→ **Problem statement**
Tally the lines in the records below that contain "icon" and return only the result.

→ **Records provided**
--- START ---

-- ===== src/Requests/Content.antt =====
-- The content of the requests, libs/common/src/dtos/activity.dto.ts and announcement.dto.ts, and the
-- ActivityStreams objects made of it. A number is given by its JSON text: the program only passes
-- it on.
use content_publishing_servi.Common.{ℕ, String, Option, List}

pub record LocationDto : Type 0 where
  pub name : String
  pub accuracy : Option String
  pub altitude : Option String
  pub latitude : Option String
  pub longitude : Option String
  pub radius : Option String
  pub units : Option String

pub record AssetReferenceDto : Type 0 where
  pub reference_id : String
  pub height : Option String
  pub width : Option String
  pub duration : Option String

-- type: the enum's text, or another one
pub record TagDto : Type 0 where
  pub type_name : String
  pub name : Option String
  pub mentioned_id : Option String

pub record AssetDto : Type 0 where
  pub type_name : String
  pub references : Option (List AssetReferenceDto)
  pub name : Option String
  pub href : Option String

pub record NoteActivityDto : Type 0 where
  pub name : Option String
  pub tag : Option (List TagDto)
  pub location : Option LocationDto
  pub content : Option String
  pub published : Option String
  pub assets : Option (List AssetDto)

pub record ProfileActivityDto : Type 0 where
  pub name : Option String
  pub tag : Option (List TagDto)
  pub location : Option LocationDto
  pub icon : Option (List AssetReferenceDto)
  pub summary : Option String
  pub published : Option String

-- RequestTypeDto; the constructor is the job's announcementType
pub data RequestContent : Type 0 where
  broadcast : NoteActivityDto → RequestContent
  reply : String → NoteActivityDto → RequestContent
  reaction : String → ℕ → String → RequestContent
  update : String → Option String → NoteActivityDto → RequestContent
  profile : ProfileActivityDto → RequestContent
  tombstone : String → Option String → RequestContent

-- IRequestJob
pub record RequestJob : Type 0 where
  pub id : String
  pub dsnp_user_id : String
  pub asset_to_mime_type : Option (List (String × String))
  pub content : RequestContent
  pub dependency_attempt : ℕ

-- ActivityContentTag
pub data ContentTag : Type 0 where
  hashtag : Option String → ContentTag
  mention : Option String → Option String → ContentTag

-- Place
pub record ContentLocation : Type 0 where
  pub latitude : Option String
  pub longitude : Option String
  pub radius : Option String
  pub altitude : Option String
  pub accuracy : Option String
  pub name : String
  pub units : Option String

-- The links of images and videos, and of audio without height and width
pub record MediaLink : Type 0 where
  pub media_type : Option String
  pub hash : String
  pub height : Option String
  pub width : Option String
  pub href : String

pub record AudioLink : Type 0 where
  pub media_type : Option String
  pub hash : String
  pub href : String

-- ActivityContentAttachment
pub data Attachment : Type 0 where
  link : String → Option String → Attachment
  image : Option String → List MediaLink → Attachment
  video : Option String → List MediaLink → Option String → Attachment
  audio : Option String → List AudioLink → String → Attachment

-- ActivityContentNote
pub record Note : Type 0 where
  pub published : String
  pub content : String
  pub name : Option String
  pub location : Option ContentLocation
  pub tag : List ContentTag
  pub attachment : List Attachment

-- ActivityContentProfile
pub record Profile : Type 0 where
  pub name : Option String
  pub published : Option String
  pub location : Option ContentLocation
  pub summary : Option String
  pub icon : List MediaLink
  pub tag : List ContentTag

--- END ---

→ **Answer below**
2